ХУДОЖНИК. Сначала судьба поступила слишком щедро — она соединила этих двух людей — женщину совершенной красоты и художника божественного дарования. Возможно, отец Августа не понял бы вечной тайны искусства, если бы рядом с ним не оказалась Мона, а красота Моны, наверное, растворилась бы в ежедневной суете, когда бы она вышла замуж не за Гения, а за обычного человека. Но, оказавшись вместе, они стали упреком советскому обществу, в котором главным законом была зависть… Гении в таком обществе обречены… Обречено всё совершенное… И он, и Мона были обречены за свое совершенство.

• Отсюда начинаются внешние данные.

-- ===== src/Suspend.antt =====
-- thingsboard_socket_suspend and thingsboard_socket_resume of src/socket.c, in their three builds
-- (CONFIG_THINGSBOARD_SOCKET_SUSPEND). `*sock` is the client's `server_socket`.
pub mod Keeps
pub mod Owned
pub mod Watching
pub mod Live
pub mod Frame
use thingsboard_sdk.Base.{ℕ, Option, none, some}
use thingsboard_sdk.Types.{
  Result, ok, err, ReturnCode, econnrefused, ebadmsg, efault, Configuration, SocketSuspend,
  suspend_none, suspend_disconnect, suspend_rai,
}
use thingsboard_sdk.Platform.{Env, SocketOption, rai_no_data, rai_ongoing, zsock_setsockopt}
use thingsboard_sdk.World.{World, M, ◌>>=◌, ◌>>◌, pure, done, ask, get_world, modify_client}
use thingsboard_sdk.Socket.{socket_close, socket_connect}
use thingsboard_sdk.Attributes.{subscribe_attributes, unsubscribe_attributes}

abbrev pub set_socket : Option ℕ → M (Unit {0})
set_socket s = modify_client λ c. record c { server_socket = s }

module _ (e : Env) where
  suspend_by_disconnect : M ReturnCode
  suspend_by_disconnect = do
    unsubscribe_attributes e
    w ← get_world
    socket_close e w.client.server_socket
    set_socket none
    pure (ok 0)

  -- The socket option SO_RAI, whose failure is only logged.
  set_rai : SocketOption → Option ℕ → M ReturnCode
  set_rai o none = pure (ok 0)
  set_rai o (some sock) = do
    ask (λ h. e.setsockopt_result h sock o) (zsock_setsockopt sock o)
    pure (ok 0)

  suspend_by : SocketSuspend → M ReturnCode
  unfolding suspend_by_disconnect set_rai
  suspend_by suspend_none w = (w, ok 0)
  suspend_by suspend_disconnect w = suspend_by_disconnect w
  suspend_by suspend_rai w = set_rai rai_no_data w.client.server_socket w

  -- thingsboard_socket_suspend
  unfoldable pub socket_suspend : M ReturnCode
  unfolding suspend_by
  socket_suspend = suspend_by e.kconfig.socket_suspend

  observe_again : M ReturnCode
  observe_again = do
    res ← subscribe_attributes e
    elim res [
      | ok _ ↦ pure (ok 0)
      | err _ ↦ (do
        w ← get_world
        socket_close e w.client.server_socket
        set_socket none
        pure (err ebadmsg))
    ]

  use_connected : ReturnCode → M ReturnCode
  unfolding observe_again
  use_connected (err _) = pure (err econnrefused)
  use_connected (ok sock) = do set_socket (some sock); observe_again

  -- thingsboard_socket_resume with THINGSBOARD_SOCKET_SUSPEND_DISCONNECT
  reconnect : Option Configuration → M ReturnCode
  unfolding use_connected
  reconnect none = pure (err econnrefused)
  reconnect (some config) = do res ← socket_connect e config; use_connected res

  resume_by : SocketSuspend → M ReturnCode
  unfolding reconnect set_rai
  resume_by suspend_none w = (w, ok 0)
  resume_by suspend_disconnect w = reconnect w.client.config w
  resume_by suspend_rai w = set_rai rai_ongoing w.client.server_socket w

  -- thingsboard_socket_resume
  unfoldable pub socket_resume : M ReturnCode
  unfolding resume_by
  socket_resume = resume_by e.kconfig.socket_suspend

Этот прекрасный портрет Моны Гений написал за несколько дней до своего ареста. Он написал его здесь, в моём доме…
ПРОФЕССОР. Почему вы его тоже не называете по имени?
ХУДОЖНИК. Нет, нет. Ни в коем случае этого делать нельзя. Мы с вами не знаем его настоящего имени. Это он так назывался, пока был среди нас… Я никогда не обращался к нему по имени. Я называл его только Гением. Даже в третьем лице. Если кто-нибудь звонил, спрашивал или говорили о нём… Я и теперь не могу произнести его имя. Мне даже кажется, что я этого имени и не знал. Я знаю, что он был Гением. Это я знаю, господин Профессор.
ПРОФЕССОР. Мне очень обидно, что портрет Моны висит в вашем доме…
ХУДОЖНИК. Не забирайте его, я вас умоляю.
ПРОФЕССОР. Вы всё еще ее любите?
ХУДОЖНИК. Не смейте, не смейте меня об этом спрашивать. Вы были лечащим врачом Моны, и это не позволяет мне думать о вас дурно… Послушайте, что было дальше… Певи училась на втором курсе консерватории. Она часто ездила за границу и очень хотела разыскать их сына.
ПРОФЕССОР. Видимо, Певи понимала, что вам одному не справиться со своей болью. Талантливые дети очень рано чувствуют, какое проклятие они унаследовали от родителей.
ХУДОЖНИК. У Певи странный характер. Она перед всеми чувствует себя виноватой, перед Виктором, передо мной, даже перед миром, потому что он сотворен так уродливо… Певи была уверена, что Август одинок и она сделает его счастливым… Два года она колесила и наводила справки о нем по всей Европе.
Слышится громкий заразительный смех.
Наступали каникулы — и Певи исчезала. Нашла она его в Америке, в Нью-Йорке, он заканчивал математический факультет университета.
ПРОФЕССОР. Мне трудно с вами говорить, как будто виноватым вы хотите сделать меня… Мне постоянно что-то приходится преодолевать в разговоре с вами… И всё-таки вам придется мне ответить на вопрос, почему всё это произошло…
ХУДОЖНИК. Я давно понял, что во все времена человек задает себе один и тот же вопрос. Но каждая новая эпоха отвечает на него всё с большей жестокостью.